[Stored items]
-- ===== src/Worker/Samples.antt =====
-- The events, files and answers of the tests.
use share_sentinel.Prelude.{ℕ, String, true, false, Option, none, some, List, [], ◌∷◌, Codes, codes}
use share_sentinel.Prelude.Int.{pos}
use share_sentinel.Graph.{value, Permission}
use share_sentinel.Pipeline.Retry.{Attempt, returned, raised}
use share_sentinel.Pipeline.SecondLook.{Response, Analysis, Failure, transient_ai_error}
use share_sentinel.Pipeline.Record.{Database}
use share_sentinel.Worker.Sharing.{SharingLink}
use share_sentinel.Worker.Events.{Status, processing, EventRow}
use share_sentinel.Worker.Analysis.{Action, filename_only, text}
use share_sentinel.Worker.Item.{FileJob, Fetched, item, downloaded, no_transcript, Environment}
use share_sentinel.Worker.Job.{Config, World}
use share_sentinel.Worker.Startup.{Station}

-- A link for the organization that expires at a time.
abbrev pub permission : Permission
permission = record {
  id = some "p1";
  link = value (
      some (record {
        scope = value (codes "organization");
        link_type = value (codes "view");
        web_url = value "https://x";
      }));
  expiration = value (codes "2026");
}

abbrev pub parse : Codes → Option ℕ
parse c = some 500

abbrev pub link : SharingLink
link = record {
  url = "https://x";
  scope = codes "organization";
  link_type = codes "view";
  permission_id = some "p1";
  expiration_date = some (codes "2026");
}

abbrev pub job : FileJob
job = record {
  event_id = "e1";
  file_name = codes "a.txt";
  site_url = [];
  object_id = [];
  rescan_parent = none;
  skip_if_unprocessable = false;
  force_analysis = false;
}

abbrev pub response : Response
response = record {
  category_ids = "none" ∷ [];
  affected_count = pos 0;
  pii_types_found = [];
  context = "mixed";
  summary = "";
  reasoning = "";
  provider = "anthropic";
  model = "";
  cost = 0;
  second_look = none;
}

abbrev pub answers : String → ℕ → Attempt Analysis Failure
answers mode attempt = returned (record { response = response; success = true })

abbrev pub overloaded : String → ℕ → Attempt Analysis Failure
overloaded mode attempt = raised transient_ai_error

-- A file with one link, of a kind that is analyzed by its name or by its text.
abbrev pub environment :
    ℕ → Action → Fetched → (String → ℕ → Attempt Analysis Failure) → Environment
environment now action fetched analyze = record {
  now = now;
  parse_expiration = parse;
  fetched = fetched;
  classify = λ m. action;
  package_type = "";
  extension = ".txt";
  conversion = downloaded;
  download = downloaded;
  recording = no_transcript;
  file_hash = some "h1";
  extraction = record {
    preprocessed = true;
    extractor = some text;
    is_pdf = false;
    ocr = text;
    renders_pages = true;
  };
  analyze = analyze;
  second_look = none;
  second_look_enabled = false;
  hash_reuse_days = 30;
}

abbrev pub shared : Fetched
shared = item (codes "a.txt") "d1" "i1" (some (permission ∷ []))

abbrev pub row : Status → EventRow
row status = record {
  event_id = "e1";
  parent_event_id = none;
  status = status;
  retry_count = some 0;
  failure_reason = none;
  processing_started_at = some 90;
  processing_completed_at = none;
  updated_at = 90;
  content_type = none;
  temp_file_deleted = false;
  drive_id = none;
  item_id_graph = none;
  folder_total_children = none;
  folder_processed_children = none;
  folder_flagged_children = none;
}

abbrev pub database : Database
database = record { verdicts = []; hashes = []; snapshots = []; alerts = []; completed = [] }

abbrev pub world : List EventRow → World
world events = record {
  store = record { events = events; db = database };
  pushes = [];
  notices = [];
}

abbrev pub config : Config
config = record { max_event_retries = 3; requeue_base_delay_seconds = 60; notify_on_failure = true }

-- The event is processing since 90, and its job was in flight.
abbrev pub station : Station
station = record {
  events = row processing ∷ [];
  broker = record { queue = []; in_flight = "e1" ∷ [] };
}

-- The environments of a job whose model is overloaded four times.
abbrev pub busy : ℕ → Environment
busy now = environment now filename_only shared overloaded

## Prompt
The whole of the data must be given again, exactly as shown.

## Answer
-- ===== src/Worker/Samples.antt =====
-- The events, files and answers of the tests.
use share_sentinel.Prelude.{ℕ, String, true, false, Option, none, some, List, [], ◌∷◌, Codes, codes}
use share_sentinel.Prelude.Int.{pos}
use share_sentinel.Graph.{value, Permission}
use share_sentinel.Pipeline.Retry.{Attempt, returned, raised}
use share_sentinel.Pipeline.SecondLook.{Response, Analysis, Failure, transient_ai_error}
use share_sentinel.Pipeline.Record.{Database}
use share_sentinel.Worker.Sharing.{SharingLink}
use share_sentinel.Worker.Events.{Status, processing, EventRow}
use share_sentinel.Worker.Analysis.{Action, filename_only, text}
use share_sentinel.Worker.Item.{FileJob, Fetched, item, downloaded, no_transcript, Environment}
use share_sentinel.Worker.Job.{Config, World}
use share_sentinel.Worker.Startup.{Station}

-- A link for the organization that expires at a time.
abbrev pub permission : Permission
permission = record {
  id = some "p1";
  link = value (
      some (record {
        scope = value (codes "organization");
        link_type = value (codes "view");
        web_url = value "https://x";
      }));
  expiration = value (codes "2026");
}

abbrev pub parse : Codes → Option ℕ
parse c = some 500

abbrev pub link : SharingLink
link = record {
  url = "https://x";
  scope = codes "organization";
  link_type = codes "view";
  permission_id = some "p1";
  expiration_date = some (codes "2026");
}

abbrev pub job : FileJob
job = record {
  event_id = "e1";
  file_name = codes "a.txt";
  site_url = [];
  object_id = [];
  rescan_parent = none;
  skip_if_unprocessable = false;
  force_analysis = false;
}

abbrev pub response : Response
response = record {
  category_ids = "none" ∷ [];
  affected_count = pos 0;
  pii_types_found = [];
  context = "mixed";
  summary = "";
  reasoning = "";
  provider = "anthropic";
  model = "";
  cost = 0;
  second_look = none;
}

abbrev pub answers : String → ℕ → Attempt Analysis Failure
answers mode attempt = returned (record { response = response; success = true })

abbrev pub overloaded : String → ℕ → Attempt Analysis Failure
overloaded mode attempt = raised transient_ai_error

-- A file with one link, of a kind that is analyzed by its name or by its text.
abbrev pub environment :
    ℕ → Action → Fetched → (String → ℕ → Attempt Analysis Failure) → Environment
environment now action fetched analyze = record {
  now = now;
  parse_expiration = parse;
  fetched = fetched;
  classify = λ m. action;
  package_type = "";
  extension = ".txt";
  conversion = downloaded;
  download = downloaded;
  recording = no_transcript;
  file_hash = some "h1";
  extraction = record {
    preprocessed = true;
    extractor = some text;
    is_pdf = false;
    ocr = text;
    renders_pages = true;
  };
  analyze = analyze;
  second_look = none;
  second_look_enabled = false;
  hash_reuse_days = 30;
}

abbrev pub shared : Fetched
shared = item (codes "a.txt") "d1" "i1" (some (permission ∷ []))

abbrev pub row : Status → EventRow
row status = record {
  event_id = "e1";
  parent_event_id = none;
  status = status;
  retry_count = some 0;
  failure_reason = none;
  processing_started_at = some 90;
  processing_completed_at = none;
  updated_at = 90;
  content_type = none;
  temp_file_deleted = false;
  drive_id = none;
  item_id_graph = none;
  folder_total_children = none;
  folder_processed_children = none;
  folder_flagged_children = none;
}

abbrev pub database : Database
database = record { verdicts = []; hashes = []; snapshots = []; alerts = []; completed = [] }

abbrev pub world : List EventRow → World
world events = record {
  store = record { events = events; db = database };
  pushes = [];
  notices = [];
}

abbrev pub config : Config
config = record { max_event_retries = 3; requeue_base_delay_seconds = 60; notify_on_failure = true }

-- The event is processing since 90, and its job was in flight.
abbrev pub station : Station
station = record {
  events = row processing ∷ [];
  broker = record { queue = []; in_flight = "e1" ∷ [] };
}

-- The environments of a job whose model is overloaded four times.
abbrev pub busy : ℕ → Environment
busy now = environment now filename_only shared overloaded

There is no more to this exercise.